Matting (also widely termed as green/blue screen keying or chroma-key filtering) is a method of separating a foreground from a rectangular background image and then synthesizing the foreground image with a desired background. The technique has been popularly used in various fields such as motion pictures and live streaming. Generally speaking, the separation has been a challenging problem. As the simplest solution to this problem, blue screen matting (or interchangeably termed, chroma key processing) has been widely used by placing a fixed color (usually green) in the back screen to quickly extract foreground objects of interest, and simultaneously substituting with a new background image [12]. Since the chroma key technique is too sensitive to lighting, it is error-prone when shadows are cast that you need to work in an environment with adequate lighting and a plain background.

Recently, the image separation technique has been evolved to accurately identify the background of salient objects from an image using deep learning [13]. Google employs the use of web-based machine learning technology to blur or replace existing background surroundings in its video conferencing application, Google Meet. Its segmentation model down-samples an incoming video frame to a low-resolution image, then feeds the image to the segmentation model to find a segmentation mask, and finally recovers the mask as fine as possible. The segmentation model is based on MobileNetV3-small for encoding blocks, which reduces the model size by 50% at the expense of a small loss in weight precision, resulting in 193K parameters and 400KB in total size [14]. After the segmentation, either bilateral filtering to smooth the segmentation mask or light wrapping for mixing the foreground and replaced background images is applied.

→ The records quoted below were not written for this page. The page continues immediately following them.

-- ===== src/Hypertable/Circle.antt =====
-- Distances along the circular buffer, and the comparison of unsigned differences that stands for
-- them (the comment above `continue_probe` in runtime/local-hypertable.h).
use cheetah.Base.{ℕ, ◌+◌, ◌-◌, ◌≤◌, ◌<◌, ◌≡◌, arith, leb, if◌then◌else◌, ◌⊎◌, true}
use cheetah.Hypertable.{u32_mod, inc_index, continue_probe}

-- Steps from `a` forwards to `i` in a buffer of `capacity` buckets.
unfoldable pub dist : ℕ → ℕ → ℕ → ℕ
dist capacity a i = if leb a i then i - a else i + capacity - a

-- In a buffer of at most 2 ^ 32 buckets the probe for `tgt` goes on past a bucket at `idx` with
-- hash `hash` exactly when `tgt` is no further back than `hash`, on the circle.
pub continue_probe-eq-dist :
    (capacity tgt hash idx : ℕ)
    → capacity ≤ u32_mod
    → tgt < capacity
    → hash < capacity
    → idx < capacity
    → continue_probe tgt hash idx ≡ leb (dist capacity tgt idx) (dist capacity hash idx)
unfolding continue_probe dist
continue_probe-eq-dist capacity tgt hash idx c t h i = ground arith

pub inc_index-lt :
    (i capacity : ℕ) → capacity < u32_mod → i < capacity → inc_index i capacity < capacity
unfolding inc_index
inc_index-lt i capacity h k = ground arith

module _ (capacity : ℕ) where
  pub dist-lt : (a i : ℕ) → a < capacity → i < capacity → dist capacity a i < capacity
  unfolding dist
  dist-lt a i h k = ground arith

  pub dist_self : (a : ℕ) → dist capacity a a ≡ 0
  unfolding dist
  dist_self a = ground arith

  pub dist-inc_index :
      (a i : ℕ)
      → capacity < u32_mod
      → a < capacity
      → i < capacity
      → dist capacity a i + 1 < capacity
      → dist capacity a (inc_index i capacity) ≡ dist capacity a i + 1
  unfolding dist inc_index
  dist-inc_index a i c h k l = ground arith

  -- The last bucket before `a`, on the circle.
  pub inc_index-last :
      (a i : ℕ)
      → capacity < u32_mod
      → a < capacity
      → i < capacity
      → dist capacity a i + 1 ≡ capacity
      → inc_index i capacity ≡ a
  unfolding dist inc_index
  inc_index-last a i h k l e = ground arith

  pub dist_injective :
      (a i j : ℕ)
      → a < capacity
      → i < capacity
      → j < capacity
      → dist capacity a i ≡ dist capacity a j
      → i ≡ j
  unfolding dist
  dist_injective a i j k l m e = ground arith

  -- A walk from `a` to `i` passes `b` at most once.
  pub dist_trans :
      (a b i : ℕ)
      → a < capacity
      → b < capacity
      → i < capacity
      → dist capacity a b ≤ dist capacity a i
      → dist capacity a b + dist capacity b i ≡ dist capacity a i
  unfolding dist
  dist_trans a b i k l m e = ground arith

  pub dist-inc_index_cases :
      (a i : ℕ)
      → capacity < u32_mod
      → a < capacity
      → i < capacity
      → (dist capacity a (inc_index i capacity) ≡ 0)
        ⊎ (dist capacity a (inc_index i capacity) ≡ dist capacity a i + 1)
  unfolding dist inc_index
  dist-inc_index_cases a i h k l = ground arith

  -- On a walk from `a` through `i` to `p`, where `p` does not lie strictly between `i` and `n` as
  -- seen from `t`, the walk passes `n` or ends there.
  pub dist_beyond :
      (a t i n p : ℕ)
      → a < capacity
      → t < capacity
      → i < capacity
      → n < capacity
      → p < capacity
      → dist capacity t i < dist capacity t n
      → (dist capacity t p ≤ dist capacity t i) ⊎ (dist capacity t n ≤ dist capacity t p)
      → dist capacity a i < dist capacity a p
      → (dist capacity a n ≤ dist capacity a p)
        × (dist capacity a n + dist capacity t i ≡ dist capacity a i + dist capacity t n)
  unfolding dist
  dist_beyond a t i n p l m h k o e f g = ground arith

-- A probe goes on past a key of its own hash.
pub continue_probe_self : (tgt idx : ℕ) → continue_probe tgt tgt idx ≡ true
unfolding continue_probe
continue_probe_self tgt idx = ground arith
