-- ===== src/Hypertable/Count.antt =====
-- How many buckets of a table are occupied, and how many are empty.
use cheetah.Base.{ℕ, zero, suc, ◌+◌, ◌≤◌, ◌<◌, ◌≡◌, refl, arith, update, if◌then◌else◌, dec_lt}
use cheetah.Hypertable.{Bucket, is_empty, is_valid}

-- Sum of a weight of the key over the buckets below an index.
unfoldable pub total {ℓ} : {D : Type ℓ} → (ℕ → ℕ) → ℕ → (ℕ → Bucket D) → ℕ
total w zero buckets = 0
total w (suc n) buckets = total w n buckets + w (buckets n).key

abbrev pub valid_weight : ℕ → ℕ
valid_weight key = if is_valid key then 1 else 0

abbrev pub empty_weight : ℕ → ℕ
empty_weight key = if is_empty key then 1 else 0

-- The number of keys, and of buckets that a probe stops at whatever it looks for.
abbrev pub occupied {ℓ} : {D : Type ℓ} → ℕ → (ℕ → Bucket D) → ℕ
occupied = total valid_weight

abbrev pub empties {ℓ} : {D : Type ℓ} → ℕ → (ℕ → Bucket D) → ℕ
empties = total empty_weight

module _ {ℓ} {D : Type ℓ} (w : ℕ → ℕ) where
  total-update_of_le :
      (n i : ℕ) (buckets : ℕ → Bucket D) (b : Bucket D)
      → n ≤ i
      → total w n (update buckets i b) ≡ total w n buckets
  unfolding total
  total-update_of_le zero i buckets b h = refl
  total-update_of_le (suc n) i buckets b h = ground (arith, total-update_of_le n i buckets b)

  pub total-update :
      (n i : ℕ) (buckets : ℕ → Bucket D) (b : Bucket D)
      → i < n
      → total w n (update buckets i b) + w (buckets i).key ≡ total w n buckets + w b.key
  unfolding total
  total-update zero i buckets b h = absurd (omega arith)
  total-update (suc n) i buckets b h = elim (dec_lt i n) [
    | yes below ↦ ground (arith, total-update n i buckets b below)
    | no last ↦ ground (arith, total-update_of_le n i buckets b)
  ]

  pub total-le : ((k : ℕ) → w k ≤ 1) → (n : ℕ) (buckets : ℕ → Bucket D) → total w n buckets ≤ n
  unfolding total
  total-le small zero buckets = omega arith
  total-le small (suc n) buckets = omega (arith, small (buckets n).key, total-le small n buckets)

  -- A positive sum has a positive term.
  pub total_pos :
      (n : ℕ) (buckets : ℕ → Bucket D)
      → 0 < total w n buckets
      → (i : ℕ) × (i < n) × (0 < w (buckets i).key)
  unfolding total
  total_pos zero buckets h = absurd (omega arith)
  total_pos (suc n) buckets h = elim (dec_lt 0 (total w n buckets)) [
    | yes p ↦ let (i, k, e) = total_pos n buckets p in (i, omega arith, e)
    | no p ↦ (n, omega arith, omega arith)
  ]

  -- A positive term makes a positive sum.
  pub total-pos_of :
      (n i : ℕ) (buckets : ℕ → Bucket D) → i < n → 0 < w (buckets i).key → 0 < total w n buckets
  unfolding total
  total-pos_of zero i buckets k h = absurd (omega arith)
  total-pos_of (suc n) i buckets k h = elim (dec_lt i n) [
    | yes p ↦ omega (arith, total-pos_of n i buckets p h)
    | no p ↦ ground arith
  ]

  pub total-next :
      (n : ℕ) (buckets : ℕ → Bucket D)
      → total w (n + 1) buckets ≡ total w n buckets + w (buckets n).key
  unfolding total
  total-next n buckets = let e : n + 1 ≡ suc n = omega arith in rw e refl

  pub total_mono :
      (n i : ℕ) (buckets : ℕ → Bucket D) → i ≤ n → total w i buckets ≤ total w n buckets
  unfolding total
  total_mono zero i buckets h = let e : i ≡ 0 = omega arith in rw e (omega arith)
  total_mono (suc n) i buckets h = elim (dec_lt i (suc n)) [
    | yes p ↦ omega (arith, total_mono n i buckets (omega arith))
    | no p ↦ let e : i ≡ suc n = omega arith in rw e (omega arith)
  ]
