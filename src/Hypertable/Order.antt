-- ===== src/Hypertable/Order.antt =====
-- The order of a table in ordered linear probing, and the probe of
-- `__cilkrts_find_hyperobject_hash` in a table that is in order.
use cheetah.Base.{ℕ, zero, suc, ◌+◌, ◌≤◌, ◌<◌, ◌≡◌, ◌≢◌, true, some, arith, bit_and-le, ℕ_discrete}
use cheetah.Hypertable.{u32_mod, Bucket, is_valid, get_table_entry, inc_index, find_loop}
use cheetah.Hypertable.Circle.{
  dist, continue_probe-eq-dist, inc_index-lt, dist-lt, dist_self, dist-inc_index, dist_injective,
}

pub get_table_entry-lt : (capacity key : ℕ) → 0 < capacity → get_table_entry capacity key < capacity
unfolding get_table_entry
get_table_entry-lt capacity key h = omega (arith, bit_and-le)

module _ {ℓ} {D : Type ℓ} (capacity : ℕ) (buckets : ℕ → Bucket D) where
  -- A probe for the hash `tgt` goes on past the bucket at `j`.
  abbrev pub Passes : ℕ → ℕ → Type 0
  Passes tgt j =
      ((buckets j).key ≢ 0)
      × (is_valid (buckets j).key ≡ true → dist capacity tgt j ≤ dist capacity (buckets j).hash j)

  -- It does so at every bucket from `tgt` up to `i`.
  abbrev pub Reaches : ℕ → ℕ → Type 0
  Reaches tgt i = (j : ℕ) → j < capacity → dist capacity tgt j < dist capacity tgt i → Passes tgt j

  -- Every key stands with its hash where a probe for it arrives, and stands once.
  pub record Ordered : Type 0 where
    pub hashed :
        (i : ℕ)
        → i < capacity
        → is_valid (buckets i).key ≡ true
        → (buckets i).hash ≡ get_table_entry capacity (buckets i).key
    pub reached :
        (i : ℕ) → i < capacity → is_valid (buckets i).key ≡ true → Reaches (buckets i).hash i
    pub unique :
        (i j : ℕ)
        → i < capacity
        → j < capacity
        → is_valid (buckets i).key ≡ true
        → (buckets i).key ≡ (buckets j).key
        → i ≡ j

module _ {ℓ} {D : Type ℓ} (capacity : ℕ) (buckets : ℕ → Bucket D) (fits : capacity < u32_mod) where
  pub hash-lt :
      (i : ℕ)
      → i < capacity
      → Ordered capacity buckets
      → is_valid (buckets i).key ≡ true
      → (buckets i).hash < capacity
  hash-lt i k o v =
      omega (arith, o.hashed i k v, get_table_entry-lt capacity (buckets i).key (omega arith))

  pub find_loop-hit :
      (key tgt p : ℕ)
      → tgt < capacity
      → p < capacity
      → (buckets p).key ≡ key
      → is_valid key ≡ true
      → (buckets p).hash ≡ tgt
      → Ordered capacity buckets
      → (fuel i : ℕ) → i < capacity
      → dist capacity tgt i ≤ dist capacity tgt p
      → dist capacity tgt p < dist capacity tgt i + fuel
      → find_loop buckets capacity key tgt fuel i ≡ some p
  unfolding find_loop
  find_loop-hit key tgt p t l e v h o zero i k m n = absurd (omega arith)
  find_loop-hit key tgt p t l e v h o (suc fuel) i k m n = elim (ℕ_discrete i p) [
    | yes same ↦ ground arith
    | no other ↦
        let strict : dist capacity tgt i < dist capacity tgt p =
          ground (arith, dist_injective capacity tgt i p) in
        let pass : Passes capacity buckets tgt i =
          rw (← h) (o.reached p l (ground arith) i k (rw h strict)) in
        let step : dist capacity tgt (inc_index i capacity) ≡ dist capacity tgt i + 1 =
          dist-inc_index capacity tgt i fits t k (omega (arith, dist-lt capacity tgt p t l)) in
        ground (
          arith,
          pass,
          step,
          o.unique p i l k,
          hash-lt i k o,
          dist_self capacity tgt,
          continue_probe-eq-dist capacity tgt (buckets i).hash i,
          inc_index-lt i capacity,
          find_loop-hit key tgt p t l e v h o fuel (inc_index i capacity),
        )
  ]

  -- What the loop returns is a bucket with the key.
  pub find_loop_sound :
      (key tgt fuel i q : ℕ)
      → i < capacity
      → find_loop buckets capacity key tgt fuel i ≡ some q
      → (q < capacity) × ((buckets q).key ≡ key)
  unfolding find_loop
  find_loop_sound key tgt zero i q k e = absurd (cc)
  find_loop_sound key tgt (suc fuel) i q k e =
      ground (arith, find_loop_sound key tgt fuel (inc_index i capacity) q, inc_index-lt i capacity)
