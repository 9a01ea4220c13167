-- ===== src/Hypertable/Pending.antt =====
-- A bucket that is to be inserted before an index, and one step of the loop that shifts buckets.
use cheetah.Base.{
  ℕ, ◌≤◌, ◌<◌, ◌≡◌, ◌≢◌, true, arith, update, ℕ_discrete, update_self, update_ne, ◌+◌,
}
use cheetah.Hypertable.{u32_mod, Bucket, is_valid, get_table_entry, inc_index}
use cheetah.Hypertable.Circle.{dist, dist_injective, dist-lt, dist-inc_index, dist-inc_index_cases}
use cheetah.Hypertable.Order.{Reaches, Ordered, hash-lt, get_table_entry-lt}

module _ {ℓ} {D : Type ℓ} (capacity : ℕ) where
  -- The key and the data of a bucket of the table.
  abbrev pub Holds : (ℕ → Bucket D) → ℕ → D → Type ℓ
  Holds buckets k d = (p : ℕ) × (p < capacity) × ((buckets p).key ≡ k) × ((buckets p).data_of ≡ d)

  -- `b` may stand at `i`, where the bucket that is there now has to go on.
  pub record Pending (buckets : ℕ → Bucket D) (b : Bucket D) (i : ℕ) : Type 0 where
    pub valid : is_valid b.key ≡ true
    pub hashed : b.hash ≡ get_table_entry capacity b.key
    pub path : Reaches capacity buckets b.hash i
    pub admits :
        (p : ℕ)
        → p < capacity
        → is_valid (buckets p).key ≡ true
        → dist capacity (buckets p).hash i ≤ dist capacity (buckets p).hash p
        → dist capacity (buckets p).hash i ≤ dist capacity b.hash i
    pub fresh : (p : ℕ) → p < capacity → (buckets p).key ≢ b.key

  module _ (buckets : ℕ → Bucket D) (b : Bucket D) (i : ℕ) (fits : capacity < u32_mod)
      (k : i < capacity) (o : Ordered capacity buckets) (h : Pending buckets b i) where
    update-reached :
        (p : ℕ)
        → p < capacity
        → is_valid (update buckets i b p).key ≡ true
        → Reaches capacity (update buckets i b) (update buckets i b p).hash p
    update-reached p l v j m n = elim (ℕ_discrete i p) [
      | yes e ↦
          let q : update buckets i b p ≡ b = rw (← e) (update_self buckets i b) in
          let n' : dist capacity b.hash j < dist capacity b.hash i = rw (e, ← q) n in
          ground (arith, q, h.path j m n')
      | no e ↦
          let q : update buckets i b p ≡ buckets p = update_ne buckets i p b e in
          let v' : is_valid (buckets p).key ≡ true = rw q at v in
          let n' : dist capacity (buckets p).hash j < dist capacity (buckets p).hash p =
            rw q at n in
          ground (arith, q, o.reached p l v' j m n', h.admits p l v', h.valid)
    ]

    pub update-Ordered : Ordered capacity (update buckets i b)
    update-Ordered = record {
      hashed = λ j l v. ground (arith, h.hashed, o.hashed j l);
      reached = update-reached;
      unique = λ p q l m v e. ground (arith, o.unique p q l m, h.fresh p l, h.fresh q m);
    }

    module _ (v : is_valid (buckets i).key ≡ true) (z : ℕ) (l : z < capacity)
        (e : (buckets z).key ≡ 0) where
      -- An empty bucket ends every walk, so that no key stands a full circle behind its hash.
      dist-lt_last : dist capacity (buckets i).hash i + 1 < capacity
      dist-lt_last =
          let t = hash-lt capacity buckets fits i k o v in
          ground (
            arith,
            dist-lt capacity (buckets i).hash i t k,
            dist-lt capacity (buckets i).hash z t l,
            dist_injective capacity (buckets i).hash i z t k l,
            o.reached i k v z l,
          )

      dist-next :
          dist capacity (buckets i).hash (inc_index i capacity)
          ≡ dist capacity (buckets i).hash i + 1
      dist-next =
          dist-inc_index capacity (buckets i).hash i fits (hash-lt capacity buckets fits i k o v) k
            dist-lt_last

      carried-path : Reaches capacity (update buckets i b) (buckets i).hash (inc_index i capacity)
      carried-path j m n =
          let t = hash-lt capacity buckets fits i k o v in
          ground (
            arith,
            dist-next,
            dist_injective capacity (buckets i).hash i j t k m,
            o.reached i k v j m,
            h.admits i k v (omega arith),
            h.valid,
          )

      carried-admits :
          (p : ℕ)
          → p < capacity
          → is_valid (update buckets i b p).key ≡ true
          → dist capacity (update buckets i b p).hash (inc_index i capacity)
            ≤ dist capacity (update buckets i b p).hash p
          → dist capacity (update buckets i b p).hash (inc_index i capacity)
            ≤ dist capacity (buckets i).hash (inc_index i capacity)
      carried-admits p m w n = elim (ℕ_discrete i p) [
        | yes same ↦
            let q : update buckets i b p ≡ b = rw (← same) (update_self buckets i b) in
            let n' : dist capacity b.hash (inc_index i capacity) ≤ dist capacity b.hash i =
              rw (q, ← same) at n in
            let t = get_table_entry-lt capacity b.key (omega arith) in
            rw q (
              omega
                (arith, dist-next, dist-inc_index_cases capacity b.hash i fits (rw h.hashed t) k))
        | no other ↦
            let q : update buckets i b p ≡ buckets p = update_ne buckets i p b other in
            let w' : is_valid (buckets p).key ≡ true = rw q at w in
            let t = hash-lt capacity buckets fits p m o w' in
            let n' : dist capacity (buckets p).hash (inc_index i capacity)
                ≤ dist capacity (buckets p).hash p =
              rw q at n in
            rw q (
              ground (
                arith,
                dist-next,
                v,
                dist-inc_index_cases capacity (buckets p).hash i fits t k,
                o.reached p m w' i k,
              ))
      ]

      -- The bucket that `b` displaces is pending at the next index.
      pub carried-Pending : Pending (update buckets i b) (buckets i) (inc_index i capacity)
      carried-Pending = record {
        valid = v;
        hashed = o.hashed i k v;
        path = carried-path;
        admits = carried-admits;
        fresh = λ p m. ground (arith, h.fresh i k, o.unique i p k m);
      }
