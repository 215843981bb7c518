-- ===== src/Pmm/Spec.antt =====
-- What the regions stand for: for each page frame whether it is memory, and if so, whether it is
-- reserved.
use rastapopoulos.Base.{Bool, List, Option, [], if◌then◌else◌, none, some, ℕ, ◌==◌, ◌∷◌}
use rastapopoulos.Bitset.Invariant.{bit_at}
use rastapopoulos.Pmm.{Region, in_region, index_of}

abbrev pub Frames : Type 0
Frames = ℕ → Option Bool

abbrev pub update : Frames → ℕ → Bool → Frames
update f page value q = if q == page then some value else f q

-- A page belongs to the first region that holds it.
abbrev pub status : List Region → Frames
status [] page = none
status (r ∷ rs) page =
    if in_region r page then some (bit_at r.bitmap (index_of r page) == 1) else status rs page
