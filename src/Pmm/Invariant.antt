-- ===== src/Pmm/Invariant.antt =====
-- The invariant of `memregions`, and what changing one page's bit does to it.
use rastapopoulos.Bitset.Invariant as Bits
use rastapopoulos.Base.{
  Bool, Bool-cases, List, Outcome, [], arith, false, inl, inr, refl, true, ℕ, ◌%◌, ◌*◌, ◌+◌, ◌<◌,
  ◌==◌, ◌^◌, ◌∷◌, ◌≡◌, ◌≤◌, ◌⊎◌,
}
use rastapopoulos.Bitset.{Bitset}
use rastapopoulos.Bitset.Find.{PaddingClear}
use rastapopoulos.Bitset.Invariant.{Updated}
use rastapopoulos.Pmm.{Region, in_region, index_of, page_size}
use rastapopoulos.Pmm.Spec.{status, update}

-- The region is a run of whole pages below 4 GB, with a bit for each.
pub record RegionIsValid (r : Region) : Type 0 where
  pub aligned : r.addr % page_size ≡ 0
  pub whole : r.len ≡ r.bitmap.size * page_size
  pub below : r.addr + r.len < 2 ^ 32
  pub bitmap_valid : Bits.IsValid r.bitmap
  pub padding : PaddingClear r.bitmap

abbrev pub Apart : Region → Region → Type 0
Apart r s = (r.addr + r.len ≤ s.addr) ⊎ (s.addr + s.len ≤ r.addr)

abbrev pub AllApart : Region → List Region → Type 0
AllApart r [] = Unit
AllApart r (s ∷ rs) = Apart r s × AllApart r rs

-- Every region is valid, and no two overlap.
abbrev pub IsValid : List Region → Type 0
IsValid [] = Unit
IsValid (r ∷ rs) = RegionIsValid r × AllApart r rs × IsValid rs

-- The frames of `after` are those of `before` with `page` set to `value`; the regions keep their
-- places.
pub record Changed (before : List Region) (page : ℕ) (value : Bool) (after : List Region)
    : Type 0 where
  pub valid : IsValid after
  pub frames : (q : ℕ) → q % page_size ≡ 0 → status after q ≡ update (status before) page value q
  pub apart : (r : Region) → AllApart r before → AllApart r after

abbrev pub flag : Bool → ℕ
flag true = 1
flag false = 0

pub index_in_size :
    (r : Region) (page : ℕ)
    → RegionIsValid r
    → page % page_size ≡ 0
    → in_region r page ≡ true
    → index_of r page < r.bitmap.size
index_in_size r page v a h = ground arith

-- With the bit of `page` changed in its bitmap, a region keeps its shape.
pub region-IsValid :
    (r : Region) (page : ℕ) (value : Bool) {result : Outcome Bitset}
    → RegionIsValid r
    → page % page_size ≡ 0
    → in_region r page ≡ true
    → (u : Updated r.bitmap (index_of r page) (flag value) result)
    → RegionIsValid (record r { bitmap = u.after })
region-IsValid r page value v a h u = record {
  aligned = v.aligned;
  whole = omega (arith, v.whole, u.same_size);
  below = v.below;
  bitmap_valid = u.valid;
  padding = λ j p. ground (arith, u.bits j, u.same_size, v.padding j, index_in_size r page v a h);
}

flag_is_one : (value : Bool) → (flag value == 1) ≡ value
flag_is_one true = refl
flag_is_one false = refl

same_index :
    (r : Region) (page q : ℕ)
    → RegionIsValid r
    → page % page_size ≡ 0
    → q % page_size ≡ 0
    → in_region r page ≡ true
    → in_region r q ≡ true
    → (index_of r q == index_of r page) ≡ (q == page)
same_index r page q v a b h k = ground arith

pub Changed-head :
    (r : Region) (rs : List Region) (page : ℕ) (value : Bool) {result : Outcome Bitset}
    → IsValid (r ∷ rs)
    → page % page_size ≡ 0
    → in_region r page ≡ true
    → (u : Updated r.bitmap (index_of r page) (flag value) result)
    → Changed (r ∷ rs) page value (record r { bitmap = u.after } ∷ rs)
Changed-head r rs page value v a h u = record {
  valid = (region-IsValid r page value v.0 a h u, v.1, v.2);
  frames = λ q b. frames_at q b;
  apart = λ s p. p;
}
  where
    frames_at :
        (q : ℕ)
        → q % page_size ≡ 0
        → status (record r { bitmap = u.after } ∷ rs) q ≡ update (status (r ∷ rs)) page value q
    frames_at q b = elim (Bool-cases (in_region r q)) [
      | inl k ↦
          ground (arith, u.bits (index_of r q), same_index r page q v.0 a b h k, flag_is_one value)
      | inr k ↦ ground arith
    ]

pub Changed-tail :
    (r : Region) {rs rs' : List Region} (page : ℕ) (value : Bool)
    → IsValid (r ∷ rs)
    → in_region r page ≡ false
    → Changed rs page value rs'
    → Changed (r ∷ rs) page value (r ∷ rs')
Changed-tail r page value v h c = record {
  valid = (v.0, c.apart r v.1, c.valid);
  frames = λ q b. ground (arith, c.frames q b);
  apart = λ s p. (p.0, c.apart s p.1);
}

As the deep learning-based image segmentation technology matured, it was immediately applied to mobile devices and start to be used in everyday life. Apple recently announced a ‘Visual Look Up’ running on iOS 16 that allows users to tap a subject not only in an image but also in a video frame and life it from the background. To support this, it uses the latest hardware called Apple Neural Engine, which is optimized for energy-efficient execution of deep neural networks on Apple devices, and a software packaged called HyperDETR, a panoptic segmentation integrated detection transform framework to support higher output resolution and more region proposals [15].

In this study, we aim to apply the chroma key shader-based object extraction method in a cross-platform development environment, which is relatively easy to implement compared to other methods, yet has a somewhat high implementation complexity that utilizes the GPU performance embedded in mobile devices as well as various shader functions. Additionally, we seek to find alternative solutions to address these problems.

3. Design of Storybook Mobile App

This section outlines the fundamental structure of the content service for creating, distributing, and accessing fairy stale storybooks. It also covers the usage scenario of the fairy tale mobile app, which is integrated with this service, along with the mobile app’s requirements to support it. Additionally, we provide a detailed analysis of how these requirements can be fulfilled.

3.1 Overview of Storybook Content Service

Our web-based storybook content service is based on a traditional client/server communication model as depicted in Fig. 1. Users of this content service fall into two groups: content creators or content consumers. Content creators can upload high-quality raw media data to the system and organize them to create electronic storybooks. Then they distribute a newly created storybook via a proprietary storybook marketplace and sell value-added assets such as sticker images, animatable contents, and narration audio files or background music files that help content users fully engaged in the storybook world. Content consumers, on the other hand, search interesting storybooks from the service, read them, and customize them as the way the content creators intend. The creators can specify text or image areas within e-book pages, where the consumers change at will.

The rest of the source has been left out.